WHAT YOU ARE ASKED TO DO -
Filter the records down to the lines that hold the word "which", and copy each of those lines.

[Saved data entries]
○ ○ ○ ○ ○ ○ ○
-- ===== src/WorkerPool/Steps.antt =====
-- worker_pool/pool.go: what holds in every state of the pool, and the order of the requests.
use skyhookml.Prelude.{
  Dict, insert, keys, contains, Distinct, contains-append, ◌==◌, Text, nat_eq, text_eq, pair_eq, ℕ,
  suc, ◌≡◌, refl, sym, ap, subst, ◌⊎◌, inl, inr, true, false, ◌&&◌, none, some, List, [], ◌∷◌, ◌++◌,
  arith, Bool-cases, Option-cases, get_elem?,
}
use skyhookml.Prelude.Int.{ℤ}
use skyhookml.WorkerPool.{
  ContainerRequest, Worker, Request, AllocationResult, Dispatcher, waiting, forwarding, Pool, Event,
  request, pick, refuse, allocate, end_begin, end_error, end_done, satisfies, get_available_worker,
  find_allocation, set_worker, remove_at, add_request, finish, pick_worker, step, failed, allocated,
  refuse_when, allocate_when, pick_when,
}

abbrev pub uuids : List Request → List Text
uuids [] = []
uuids (req ∷ q) = req.uuid ∷ uuids q

-- The requests that have a result and then those in the queue.
abbrev pub order : Pool → List Text
order s = keys s.results ++ uuids s.q

abbrev pub submitted_by : Event → List Text
submitted_by (request uuid r) = uuid ∷ []
submitted_by pick = []
submitted_by (refuse error) = []
submitted_by (allocate container_uuid parallelism base_url) = []
submitted_by (end_begin uuid) = []
submitted_by (end_error i) = []
submitted_by (end_done i) = []

abbrev pub submitted : List Event → List Text
submitted [] = []
submitted (e ∷ es) = submitted_by e ++ submitted es

pub uuids_append : (q r : List Request) → uuids (q ++ r) ≡ uuids q ++ uuids r
uuids_append [] r = refl
uuids_append (req ∷ q) r = ap (◌∷◌ req.uuid) (uuids_append q r)

pub keys-insert_new {ℓ} :
    {V : Type ℓ} (k : Text) (v : V) (m : Dict Text V)
    → contains (keys m) k ≡ false
    → keys (insert k v m) ≡ keys m ++ k ∷ []
keys-insert_new k v [] absent = refl
keys-insert_new k v ((j, w) ∷ m) absent = elim (Bool-cases (j == k)) [
  | inl same ↦ absurd (ground (arith, same, absent))
  | inr other ↦ rw other (ap (◌∷◌ j) (keys-insert_new k v m (ground (arith, absent))))
]

pub not_in_front : (xs ys : List Text) (k : Text) → Distinct (xs ++ k ∷ ys) → contains xs k ≡ false
not_in_front [] ys k d = refl
not_in_front (x ∷ xs) ys k d = ground (
  arith,
  not_in_front xs ys k d.1,
  contains-append xs (k ∷ ys) x,
  text_eq.test_iff k x,
  text_eq.test_iff x k,
)

module _ (requirements : ContainerRequest → Dict Text ℤ) where
  -- The request that is forwarded is the first one of the queue; its worker satisfies the requirements
  -- and is idle.
  abbrev pub IsForwarding : Pool → Text → ℕ → Type 0
  IsForwarding s uuid i =
      (r : ContainerRequest) × (rest : List Request) × (w : Worker) × (s.q
        ≡ record { container_request = r; uuid = uuid } ∷ rest)
      × (get_elem? s.workers i ≡ some w)
      × (w.container_uuid ≡ [])
      × (satisfies w (requirements r) ≡ true)

  abbrev pub Dispatches : Dispatcher → Pool → Type 0
  Dispatches waiting s = Unit
  Dispatches (forwarding uuid i) s = IsForwarding s uuid i

  pub get_available_worker_lem :
      (r : Dict Text ℤ) (ws : List Worker) (i : ℕ)
      → get_available_worker r ws ≡ some i
      → (w : Worker) × (get_elem? ws i ≡ some w) × (w.container_uuid ≡ []) × (satisfies w r ≡ true)
  unfolding get_available_worker
  get_available_worker_lem r [] i e = cc
  get_available_worker_lem r (w ∷ ws) i e =
      elim (Bool-cases (w.container_uuid == [] && satisfies w r)) [
        | inl free ↦
            let zero≡ : some 0 ≡ some i = rw free at e in
            let i≡ : 0 ≡ i = cc in
            rw (sym i≡) (
              w,
              refl,
              ground (arith, free, text_eq.test_iff w.container_uuid []),
              ground (arith, free),
            )
        | inr busy ↦ elim (Option-cases (get_available_worker r ws)) [
          | inl nobody ↦ absurd (none_not_some i (rw (busy, nobody) at e))
          | inr (j, found) ↦
              let suc≡ : some (suc j) ≡ some i = rw (busy, found) at e in
              let i≡ : suc j ≡ i = cc in rw (sym i≡) (get_available_worker_lem r ws j found)
        ]
      ]
    where
      none_not_some : (i : ℕ) → none ≡ some i → ⊥
      none_not_some i h = cc

  pub forwarded :
      (s : Pool) (uuid : Text) (i : ℕ)
      → s.dispatcher ≡ forwarding uuid i
      → Dispatches s.dispatcher s
      → IsForwarding s uuid i
  forwarded s uuid i e h = rw e at h

  no_pool {ℓ} : {A : Type ℓ} (s' : Pool) → none ≡ some s' → A
  no_pool s' h = absurd cc

  unsome : (s s' : Pool) → some s ≡ some s' → s ≡ s'
  unsome s s' h = cc

  -- The state after a step, by the kind of the step.
  pub step_request :
      (s s' : Pool) (uuid : Text) (r : ContainerRequest)
      → step requirements s (request uuid r) ≡ some s'
      → add_request uuid r s ≡ s'
  unfolding step
  step_request s s' uuid r e = cc

  pub step_pick :
      (s s' : Pool)
      → step requirements s pick ≡ some s'
      → (req : Request) × (rest : List Request) × (i : ℕ) × (s.q ≡ req ∷ rest)
        × (get_available_worker (requirements req.container_request) s.workers ≡ some i)
        × (record s { dispatcher = forwarding req.uuid i } ≡ s')
  unfolding step pick_worker pick_when
  step_pick s s' e = when s.dispatcher e
    where
      picked :
          (q : List Request)
          → s.q ≡ q
          → pick_worker requirements q s ≡ some s'
          → (req : Request) × (rest : List Request) × (i : ℕ) × (s.q ≡ req ∷ rest)
            × (get_available_worker (requirements req.container_request) s.workers ≡ some i)
            × (record s { dispatcher = forwarding req.uuid i } ≡ s')
      picked [] q≡ h = no_pool s' h
      picked (req ∷ rest) q≡ h =
          elim (Option-cases
            (get_available_worker (requirements req.container_request) s.workers)) [
              | inl nobody ↦ no_pool s' (rw (nobody, pick_worker) at h)
              | inr (i, found) ↦ (
                req,
                rest,
                i,
                q≡,
                found,
                unsome (record s { dispatcher = forwarding req.uuid i }) s'
                    (rw (found, pick_worker) at h),
              )
            ]

      when :
          (d : Dispatcher)
          → pick_when requirements d s ≡ some s'
          → (req : Request) × (rest : List Request) × (i : ℕ) × (s.q ≡ req ∷ rest)
            × (get_available_worker (requirements req.container_request) s.workers ≡ some i)
            × (record s { dispatcher = forwarding req.uuid i } ≡ s')
      when waiting h = picked s.q refl h
      when (forwarding uuid i) h = no_pool s' h

  pub step_refuse :
      (s s' : Pool) (message : Text)
      → step requirements s (refuse message) ≡ some s'
      → (uuid : Text) × (i : ℕ) × (s.dispatcher ≡ forwarding uuid i)
        × (finish uuid (failed message) s ≡ s')
  unfolding step refuse_when
  step_refuse s s' message e = when s.dispatcher refl e
    where
      when :
          (d : Dispatcher)
          → s.dispatcher ≡ d
          → refuse_when requirements message d s ≡ some s'
          → (uuid : Text) × (i : ℕ) × (s.dispatcher ≡ forwarding uuid i)
            × (finish uuid (failed message) s ≡ s')
      when waiting d≡ h = no_pool s' h
      when (forwarding uuid i) d≡ h = (uuid, i, d≡, unsome (finish uuid (failed message) s) s' h)

  abbrev pub allocate_to : Pool → Text → ℕ → Text → AllocationResult → Pool
  allocate_to s uuid i c result =
      let t = finish uuid result s in record t { workers = set_worker t.workers i c uuid }

  pub step_allocate :
      (s s' : Pool) (c : Text) (parallelism : ℤ) (base_url : Text)
      → step requirements s (allocate c parallelism base_url) ≡ some s'
      → (uuid : Text) × (i : ℕ) × (s.dispatcher ≡ forwarding uuid i)
        × (allocate_to s uuid i c (allocated parallelism base_url) ≡ s')
  unfolding step allocate_when
  step_allocate s s' c parallelism base_url e = when s.dispatcher refl e
    where
      when :
          (d : Dispatcher)
          → s.dispatcher ≡ d
          → allocate_when requirements c parallelism base_url d s ≡ some s'
          → (uuid : Text) × (i : ℕ) × (s.dispatcher ≡ forwarding uuid i)
            × (allocate_to s uuid i c (allocated parallelism base_url) ≡ s')
      when waiting d≡ h = no_pool s' h
      when (forwarding uuid i) d≡ h =
          (uuid, i, d≡, unsome (allocate_to s uuid i c (allocated parallelism base_url)) s' h)

  -- The queue, the results and the dispatcher are as before; a worker may have been marked available.
  abbrev pub IsEnd : Pool → Pool → Type 0
  IsEnd s s' =
      (s.q ≡ s'.q)
      × (s.results ≡ s'.results)
      × (s.dispatcher ≡ s'.dispatcher)
      × ((s.workers ≡ s'.workers) ⊎ ((i : ℕ) × (set_worker s.workers i [] [] ≡ s'.workers)))

  IsEnd-path : (s t s' : Pool) → IsEnd s t → some t ≡ some s' → IsEnd s s'
  IsEnd-path s t s' h e = subst (IsEnd s) (unsome t s' e) h

  pub step_end_begin :
      (s s' : Pool) (uuid : Text) → step requirements s (end_begin uuid) ≡ some s' → IsEnd s s'
  unfolding step
  step_end_begin s s' uuid e = elim (Option-cases (find_allocation uuid s.workers)) [
    | inl missing ↦ IsEnd-path s s s' (refl, refl, refl, inl refl) (rw (missing, step) at e)
    | inr (ending, found) ↦
        IsEnd-path s (record s { endings = s.endings ++ ending ∷ [] }) s'
          (refl, refl, refl, inl refl) (rw (found, step) at e)
  ]

  pub step_end_error :
      (s s' : Pool) (i : ℕ) → step requirements s (end_error i) ≡ some s' → IsEnd s s'
  unfolding step
  step_end_error s s' i e = elim (Option-cases (get_elem? s.endings i)) [
    | inl missing ↦ no_pool s' (rw (missing, step) at e)
    | inr (ending, found) ↦
        IsEnd-path s (record s { endings = remove_at i s.endings }) s' (refl, refl, refl, inl refl)
          (rw (found, step) at e)
  ]

  pub step_end_done :
      (s s' : Pool) (i : ℕ) → step requirements s (end_done i) ≡ some s' → IsEnd s s'
  unfolding step
  step_end_done s s' i e = elim (Option-cases (get_elem? s.endings i)) [
    | inl missing ↦ no_pool s' (rw (missing, step) at e)
    | inr (ending, found) ↦
        IsEnd-path s
          (record s {
            workers = set_worker s.workers ending.worker [] [];
            endings = remove_at i s.endings;
          })
          s' (refl, refl, refl, inr (ending.worker, refl)) (rw (found, step) at e)
  ]
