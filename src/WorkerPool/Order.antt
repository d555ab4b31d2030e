-- ===== src/WorkerPool/Order.antt =====
-- worker_pool/pool.go: requests are answered in the order in which they were submitted.
use skyhookml.Prelude.{
  Dict, insert, keys, Distinct, contains-append, Text, nat_eq, text_eq, pair_eq, ℕ, zero, suc, ◌≡◌,
  refl, sym, ap, subst, ◌∙◌, ◌⊎◌, inl, inr, true, none, some, List, [], ◌∷◌, ◌++◌, append-nil,
  append_assoc, arith, Option-cases, get_elem?, drop,
}
use skyhookml.Prelude.Int.{ℤ}
use skyhookml.WorkerPool.{
  ContainerRequest, Worker, Request, AllocationResult, allocated, failed, Dispatcher, waiting,
  forwarding, Pool, Event, request, pick, refuse, allocate, end_begin, end_error, end_done,
  satisfies, set_worker, add_request, finish, step, run,
}
use skyhookml.WorkerPool.Steps.{
  uuids, order, submitted_by, submitted, uuids_append, keys-insert_new, not_in_front, Dispatches,
  get_available_worker_lem, forwarded, step_request, step_pick, step_refuse, step_allocate, IsEnd,
  step_end_begin, step_end_error, step_end_done,
}

set_worker_idle :
    (ws : List Worker) (i j : ℕ) (w : Worker)
    → get_elem? ws i ≡ some w
    → w.container_uuid ≡ []
    → (v : Worker) × (get_elem? (set_worker ws j [] []) i ≡ some v)
      × (v.container_uuid ≡ [])
      × (v.resources ≡ w.resources)
unfolding set_worker
set_worker_idle [] i j w e c = cc
set_worker_idle (v ∷ ws) zero zero w e c =
    let v≡ : v ≡ w = cc in
    (record v { container_uuid = []; allocation_uuid = [] }, refl, refl, ap (λ u. u.resources) v≡)
set_worker_idle (v ∷ ws) zero (suc j) w e c = (w, e, c, refl)
set_worker_idle (v ∷ ws) (suc i) zero w e c = (w, e, c, refl)
set_worker_idle (v ∷ ws) (suc i) (suc j) w e c = set_worker_idle ws i j w e c

satisfies-resources :
    (v w : Worker) (r : Dict Text ℤ)
    → v.resources ≡ w.resources
    → satisfies w r ≡ true
    → satisfies v r ≡ true
unfolding satisfies
satisfies-resources v w r e h = rw e h

order-finish :
    (s : Pool) (uuid : Text) (r : ContainerRequest) (rest : List Request)
    (result : AllocationResult)
    → s.q ≡ record { container_request = r; uuid = uuid } ∷ rest
    → Distinct (order s)
    → order (finish uuid result s) ≡ order s
unfolding finish
order-finish s uuid r rest result q≡ d =
    let order≡ : order s ≡ keys s.results ++ uuid ∷ uuids rest =
      ap (λ q. keys s.results ++ uuids q) q≡ in
    let absent = not_in_front (keys s.results) (uuids rest) uuid (subst Distinct order≡ d) in
    ap (λ q. keys (insert uuid result s.results) ++ uuids (drop 1 q)) q≡
    ∙ ap (λ ks. ks ++ uuids rest) (keys-insert_new uuid result s.results absent)
    ∙ append_assoc (keys s.results) (uuid ∷ []) (uuids rest)
    ∙ sym order≡

Distinct-front : (xs ys : List Text) → Distinct (xs ++ ys) → Distinct xs
Distinct-front [] ys d = tt
Distinct-front (x ∷ xs) ys d = (ground (arith, contains-append xs ys x), Distinct-front xs ys d.1)

module _ (requirements : ContainerRequest → Dict Text ℤ) where
  abbrev Sound : Pool → Type 0
  Sound s = Dispatches requirements s.dispatcher s

  -- What a step does to the order, and that what is forwarded stays as it should be.
  abbrev Follows : Pool → List Text → Pool → Type 0
  Follows s new s' = (order s' ≡ order s ++ new) × Sound s'

  sound_request :
      (d : Dispatcher) (s : Pool) (uuid : Text) (r : ContainerRequest)
      → Dispatches requirements d s
      → Dispatches requirements d (add_request uuid r s)
  unfolding add_request
  sound_request waiting s uuid r h = tt
  sound_request (forwarding u i) s uuid r (r', rest, w, q≡, found, idle, fits) =
      let new = record { container_request = r; uuid = uuid } ∷ [] in
      (r', rest ++ new, w, ap (λ q. q ++ new) q≡, found, idle, fits)

  sound_end :
      (d : Dispatcher) (s s' : Pool)
      → s.q ≡ s'.q
      → (s.workers ≡ s'.workers) ⊎ ((i : ℕ) × (set_worker s.workers i [] [] ≡ s'.workers))
      → Dispatches requirements d s
      → Dispatches requirements d s'
  sound_end waiting s s' same workers h = tt
  sound_end (forwarding u i) s s' same (inl workers) (r, rest, w, q≡, found, idle, fits) =
      (r, rest, w, sym same ∙ q≡, ap (λ ws. get_elem? ws i) (sym workers) ∙ found, idle, fits)
  sound_end (forwarding u i) s s' same (inr (j, workers)) (r, rest, w, q≡, found, idle, fits) =
      let (v, found', idle', resources) = set_worker_idle s.workers i j w found idle in
      (
        r,
        rest,
        v,
        sym same ∙ q≡,
        ap (λ ws. get_elem? ws i) (sym workers) ∙ found',
        idle',
        satisfies-resources v w (requirements r) resources fits,
      )

  end-Follows : (s s' : Pool) → IsEnd requirements s s' → Sound s → Follows s [] s'
  end-Follows s s' (q≡, results≡, dispatcher≡, workers) h = (
    ap (λ (m : Dict Text AllocationResult). keys m ++ uuids s'.q) (sym results≡)
        ∙ ap (λ q. keys s.results ++ uuids q) (sym q≡)
        ∙ sym (append-nil (order s)),
    subst (λ d. Dispatches requirements d s') dispatcher≡
        (sound_end s.dispatcher s s' q≡ workers h),
  )

  step-Follows :
      (s s' : Pool) (e : Event)
      → Sound s
      → Distinct (order s)
      → step requirements s e ≡ some s'
      → Follows s (submitted_by e) s'
  unfolding add_request finish
  step-Follows s s' (request uuid r) h d e =
      subst (Follows s (uuid ∷ [])) (step_request requirements s s' uuid r e) (
        ap (λ ks. keys s.results ++ ks) (uuids_append s.q _)
            ∙ sym (append_assoc (keys s.results) (uuids s.q) (uuid ∷ [])),
        sound_request s.dispatcher s uuid r h,
      )
  step-Follows s s' pick h d e =
      let (req, rest, i, q≡, found, s≡) = step_pick requirements s s' e in
      let (w, at_i, idle, fits) =
        get_available_worker_lem requirements (requirements req.container_request) s.workers i
          found in
      subst (Follows s []) s≡
        (sym (append-nil (order s)), (req.container_request, rest, w, q≡, at_i, idle, fits))
  step-Follows s s' (refuse message) h d e =
      let (uuid, i, busy, s≡) = step_refuse requirements s s' message e in
      let (r, rest, w, q≡, found, idle, fits) = forwarded requirements s uuid i busy h in
      subst (Follows s []) s≡
        (order-finish s uuid r rest (failed message) q≡ d ∙ sym (append-nil (order s)), tt)
  step-Follows s s' (allocate c parallelism base_url) h d e =
      let (uuid, i, busy, s≡) = step_allocate requirements s s' c parallelism base_url e in
      let (r, rest, w, q≡, found, idle, fits) = forwarded requirements s uuid i busy h in
      subst (Follows s []) s≡ (
        order-finish s uuid r rest (allocated parallelism base_url) q≡ d
            ∙ sym (append-nil (order s)),
        tt,
      )
  step-Follows s s' (end_begin uuid) h d e =
      end-Follows s s' (step_end_begin requirements s s' uuid e) h
  step-Follows s s' (end_error i) h d e = end-Follows s s' (step_end_error requirements s s' i e) h
  step-Follows s s' (end_done i) h d e = end-Follows s s' (step_end_done requirements s s' i e) h

  run-Follows :
      (s s' : Pool) (es : List Event)
      → Sound s
      → Distinct (order s ++ submitted es)
      → run requirements s es ≡ some s'
      → Follows s (submitted es) s'
  unfolding run
  run-Follows s s' [] h d e =
      let s≡ : s ≡ s' = cc in subst (Follows s []) s≡ (sym (append-nil (order s)), h)
  run-Follows s s' (e ∷ es) h d all = elim (Option-cases (step requirements s e)) [
    | inl impossible ↦ no_run (rw (impossible, run) at all)
    | inr (t, stepped) ↦
        let rest : run requirements t es ≡ some s' = rw (stepped, run) at all in
        let (order_t, sound_t) =
          step-Follows s t e h (Distinct-front (order s) (submitted (e ∷ es)) d) stepped in
        let joined = append_assoc (order s) (submitted_by e) (submitted es) in
        let order_rest : order t ++ submitted es ≡ order s ++ submitted (e ∷ es) =
          ap (λ ks. ks ++ submitted es) order_t ∙ joined in
        let (order_s', sound_s') =
          run-Follows t s' es sound_t (subst Distinct (sym order_rest) d) rest in
        (order_s' ∙ order_rest, sound_s')
  ]
    where
      no_run : none ≡ some s' → Follows s (submitted (e ∷ es)) s'
      no_run h = absurd cc

  -- The pool when it starts: no container is allocated, and nothing is queued.
  abbrev pub start : List Worker → Pool
  start workers = record {
    workers = workers;
    q = [];
    results = [];
    dispatcher = waiting;
    endings = [];
  }

  -- Whatever the threads do, and in which order: if the UUIDs of the submitted requests differ, the
  -- requests with a result, in the order in which they got it, and then those in the queue, are all
  -- the submitted requests in the order of their submission.
  pub order-run :
      (workers : List Worker) (es : List Event) (s : Pool)
      → Distinct (submitted es)
      → run requirements (start workers) es ≡ some s
      → keys s.results ++ uuids s.q ≡ submitted es
  order-run workers es s d e = (run-Follows (start workers) s es tt d e).0

  -- A request that the pool is forwarding is the first one in the queue; the worker that it is forwarded
  -- to has no container and satisfies its requirements, also after others have been ended meanwhile.
  -- It holds after any steps of the threads, if the UUIDs of the submitted requests differ.
  pub run-IsForwarding :
      (workers : List Worker) (es : List Event) (s : Pool) (uuid : Text) (i : ℕ)
      → Distinct (submitted es)
      → run requirements (start workers) es ≡ some s
      → s.dispatcher ≡ forwarding uuid i
      → (r : ContainerRequest) × (rest : List Request) × (w : Worker) × (s.q
          ≡ record { container_request = r; uuid = uuid } ∷ rest)
        × (get_elem? s.workers i ≡ some w)
        × (w.container_uuid ≡ [])
        × (satisfies w (requirements r) ≡ true)
  run-IsForwarding workers es s uuid i d e busy =
      forwarded requirements s uuid i busy (run-Follows (start workers) s es tt d e).1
○ ○ ○ ○ ○ ○ ○
SOLUTION -
-- worker_pool/pool.go: requests are answered in the order in which they were submitted.
  -- Whatever the threads do, and in which order: if the UUIDs of the submitted requests differ, the
  -- requests with a result, in the order in which they got it, and then those in the queue, are all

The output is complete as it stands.